Barns continues with the allegations of anti-abortion scare mongering and then concludes his column by recapping the Rove – Bush – fundamentalist Christian connection:
In the past five years, the U.S. fundamentalist Christian churches have successfully exported their brand of religion and politics to Australia. These churches are funding and fueling the current abortion debate and the Australian anti-abortionists, emboldened by the success of their U.S. counterparts, are embracing the same emotive tactics to win political support. Given John Howard's respect for the ideas and political strategy of George W. Bush and Karl Rove, the hour of the long-dormant Australian anti-abortion movement might be just around the corner.

I'm not emotionally involved in either the abortion or Karl Rove hysterias but do think it interesting that an Australian political commentator has written this column in an American newspaper. The only purpose I can see for him doing so is to try to energise the liberal base in America.
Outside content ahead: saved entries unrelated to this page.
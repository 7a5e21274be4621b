-- ===== src/Json/Steps.antt =====
-- What each step of the parser keeps within its fuel, and leaves in order.
use arcade_launcher_stream_e.Json.Sorted.{maps_sorted, items_sorted, fields_sorted}
use arcade_launcher_stream_e.Json.Sorted.{after_number-shorter}
use arcade_launcher_stream_e.Json.Floats.{Floats}
use arcade_launcher_stream_e.Base.{
  ℕ, ◌+◌, ◌*◌, ◌<◌, Bytes, true, [], ◌∷◌, ◌==◌, Option, none, some, ◌≡◌, refl, inl, inr, arith,
  length, Option-cases, is_empty,
}
use arcade_launcher_stream_e.Base.Result.{Ensures, holds, rejected, Ensures-if}
use arcade_launcher_stream_e.Json.{Value, Items, Fields}
use arcade_launcher_stream_e.Json.Maps.{keys_sorted}
use arcade_launcher_stream_e.Json.Parser.{
  Next, comma, close, bad, value, array_loop, array_next, object_loop, object_next, number, literal,
  strip_prefix, next_of, expect, number_token,
}

-- The outcome of reading a value, an array's items or an object's fields from `s`.
abbrev pub Good : Bytes → Value × Bytes → Type 0
Good s r = (length r.1 < length s) × (maps_sorted r.0 ≡ true)

abbrev pub GoodItems : Bytes → Items × Bytes → Type 0
GoodItems s r = (length r.1 < length s) × (items_sorted r.0 ≡ true)

abbrev pub GoodFields : Bytes → Fields × Bytes → Type 0
GoodFields s r = (length r.1 < length s) × (keys_sorted r.0 ≡ true) × (fields_sorted r.0 ≡ true)

pub number-Good : ⦃fl : Floats⦄ (s : Bytes) → Ensures (Good s) (number s)
unfolding number maps_sorted
number-Good ⦃fl⦄ s =
    Ensures-if (is_empty (number_token s)) (λ e. rejected)
      λ e.
        Ensures-if (fl.strtod_length (number_token s) == length (number_token s))
          (λ m. holds (after_number-shorter s e, refl)) (λ m. rejected)

abbrev Stripped : Bytes → Bytes → Option Bytes → Type 0
Stripped lit s none = Unit
Stripped lit s (some rest) = length rest + length lit ≡ length s

strip_prefix-Stripped : (lit s : Bytes) → Stripped lit s (strip_prefix lit s)
unfolding strip_prefix
strip_prefix-Stripped [] s = omega arith
strip_prefix-Stripped (p ∷ ps) [] = tt
strip_prefix-Stripped (p ∷ ps) (c ∷ s) = ground (arith, strip_prefix-Stripped ps s)

pub literal-Good :
    (lit : Bytes) (v : Value) (s : Bytes)
    → 0 < length lit
    → maps_sorted v ≡ true
    → Ensures (Good s) (literal lit v s)
unfolding literal
literal-Good lit v s h k = elim (Option-cases (strip_prefix lit s)) [
  | inl e ↦ rw (e, literal) rejected
  | inr (rest, e) ↦
      rw (e, literal) (holds (omega (arith, rw e at (strip_prefix-Stripped lit s)), k))
]

abbrev pub Behind : Bytes → Next → Type 0
Behind s (comma rest) = length rest < length s
Behind s (close rest) = length rest < length s
Behind s bad = Unit

pub next_of-Shorter : (end : ℕ) (s : Bytes) → Behind s (next_of end s)
unfolding next_of
next_of-Shorter end [] = tt
next_of-Shorter end (c ∷ s) = ground arith

pub expect-Shorter : (b : ℕ) (s : Bytes) → Ensures (λ rest. length rest < length s) (expect b s)
unfolding expect
expect-Shorter b [] = rejected
expect-Shorter b (c ∷ s) = Ensures-if (c == b) (λ e. holds (omega arith)) (λ e. rejected)

-- With fuel `f`, each of the five functions keeps within its fuel and reads sorted values. A byte
-- that opens or separates members pays for the calls up to the next.
pub record Goods ⦃fl : Floats⦄ (f : ℕ) : Type 0 where
  pub of_value : (s : Bytes) → 3 * length s + 2 < f → Ensures (Good s) (value f s)
  pub of_items :
      (xs : Items) (s : Bytes)
      → items_sorted xs ≡ true
      → 3 * length s + 3 < f
      → Ensures (GoodItems s) (array_loop f xs s)
  pub of_next_item :
      (xs : Items) (s : Bytes)
      → items_sorted xs ≡ true
      → 3 * length s + 2 < f
      → Ensures (GoodItems s) (array_next f xs s)
  pub of_fields :
      (fs : Fields) (s : Bytes)
      → keys_sorted fs ≡ true
      → fields_sorted fs ≡ true
      → 3 * length s + 3 < f
      → Ensures (GoodFields s) (object_loop f fs s)
  pub of_next_field :
      (fs : Fields) (s : Bytes)
      → keys_sorted fs ≡ true
      → fields_sorted fs ≡ true
      → 3 * length s + 2 < f
      → Ensures (GoodFields s) (object_next f fs s)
If anyone can come up with a better reason, I'd love to hear it.

My thoughts on abortion: such matters are best left to the parties concerned, that is, the woman, her significant other and the medical practitioner. In any event, abortion should not be a form of birth control: women should be responsible for their bodies while they're getting pregnant, not just after they're pregnant. Late term abortions should be allowed only in dire circumstances.

As for Karl Rove, he's a nerdy little guy who's good at political strategy. A Svengali he ain't.